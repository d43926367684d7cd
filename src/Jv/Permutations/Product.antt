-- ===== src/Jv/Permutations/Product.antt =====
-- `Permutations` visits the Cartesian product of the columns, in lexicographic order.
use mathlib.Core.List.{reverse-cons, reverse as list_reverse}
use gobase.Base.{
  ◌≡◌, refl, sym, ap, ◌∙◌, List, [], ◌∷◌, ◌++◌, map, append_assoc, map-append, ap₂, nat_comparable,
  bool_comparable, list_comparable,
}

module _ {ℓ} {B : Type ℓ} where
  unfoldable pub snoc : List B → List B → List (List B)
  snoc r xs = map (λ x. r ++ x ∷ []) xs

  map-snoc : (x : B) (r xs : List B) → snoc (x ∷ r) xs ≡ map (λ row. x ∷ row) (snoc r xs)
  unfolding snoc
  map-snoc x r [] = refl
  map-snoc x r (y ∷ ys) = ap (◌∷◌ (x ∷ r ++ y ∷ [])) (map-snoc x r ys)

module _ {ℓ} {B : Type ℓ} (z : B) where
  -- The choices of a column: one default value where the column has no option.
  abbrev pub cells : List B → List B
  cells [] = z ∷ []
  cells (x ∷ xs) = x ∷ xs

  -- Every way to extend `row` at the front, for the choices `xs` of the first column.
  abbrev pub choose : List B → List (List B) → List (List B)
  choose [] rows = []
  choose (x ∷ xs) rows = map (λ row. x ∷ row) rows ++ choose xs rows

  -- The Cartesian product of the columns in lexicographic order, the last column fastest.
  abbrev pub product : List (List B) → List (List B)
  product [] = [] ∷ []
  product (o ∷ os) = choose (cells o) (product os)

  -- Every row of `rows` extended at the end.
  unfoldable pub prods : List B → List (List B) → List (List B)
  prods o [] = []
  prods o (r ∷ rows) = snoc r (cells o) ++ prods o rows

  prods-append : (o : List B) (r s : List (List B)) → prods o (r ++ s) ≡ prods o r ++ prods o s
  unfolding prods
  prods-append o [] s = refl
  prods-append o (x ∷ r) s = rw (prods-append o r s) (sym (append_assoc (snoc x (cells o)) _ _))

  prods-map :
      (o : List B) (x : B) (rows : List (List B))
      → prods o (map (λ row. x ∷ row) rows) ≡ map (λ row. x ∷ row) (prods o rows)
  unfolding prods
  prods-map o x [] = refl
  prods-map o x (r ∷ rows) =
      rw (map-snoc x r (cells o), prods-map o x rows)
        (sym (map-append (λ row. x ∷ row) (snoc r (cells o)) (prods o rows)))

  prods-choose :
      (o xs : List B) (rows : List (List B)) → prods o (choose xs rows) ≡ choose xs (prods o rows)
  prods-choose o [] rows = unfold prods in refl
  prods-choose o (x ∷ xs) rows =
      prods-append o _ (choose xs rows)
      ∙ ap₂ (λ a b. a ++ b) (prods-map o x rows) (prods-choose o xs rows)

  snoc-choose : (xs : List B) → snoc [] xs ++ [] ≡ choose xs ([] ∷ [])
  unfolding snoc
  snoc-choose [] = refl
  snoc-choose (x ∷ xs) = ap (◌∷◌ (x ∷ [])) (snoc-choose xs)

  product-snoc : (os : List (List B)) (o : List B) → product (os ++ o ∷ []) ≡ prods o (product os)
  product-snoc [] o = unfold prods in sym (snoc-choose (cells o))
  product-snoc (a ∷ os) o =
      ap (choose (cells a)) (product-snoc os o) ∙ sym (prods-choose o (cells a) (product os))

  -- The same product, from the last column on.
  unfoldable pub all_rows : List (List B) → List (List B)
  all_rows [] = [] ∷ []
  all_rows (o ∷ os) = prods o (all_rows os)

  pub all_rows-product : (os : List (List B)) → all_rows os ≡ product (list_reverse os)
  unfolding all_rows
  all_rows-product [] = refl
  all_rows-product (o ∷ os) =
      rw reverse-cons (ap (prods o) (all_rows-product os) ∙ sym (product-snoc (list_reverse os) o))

******

WORK INSTRUCTIONS: Your answer should consist of every line from the entries that holds "unfoldable".

SOLUTION BELOW:
  unfoldable pub snoc : List B → List B → List (List B)
  unfoldable pub prods : List B → List (List B) → List (List B)
  unfoldable pub all_rows : List (List B) → List (List B)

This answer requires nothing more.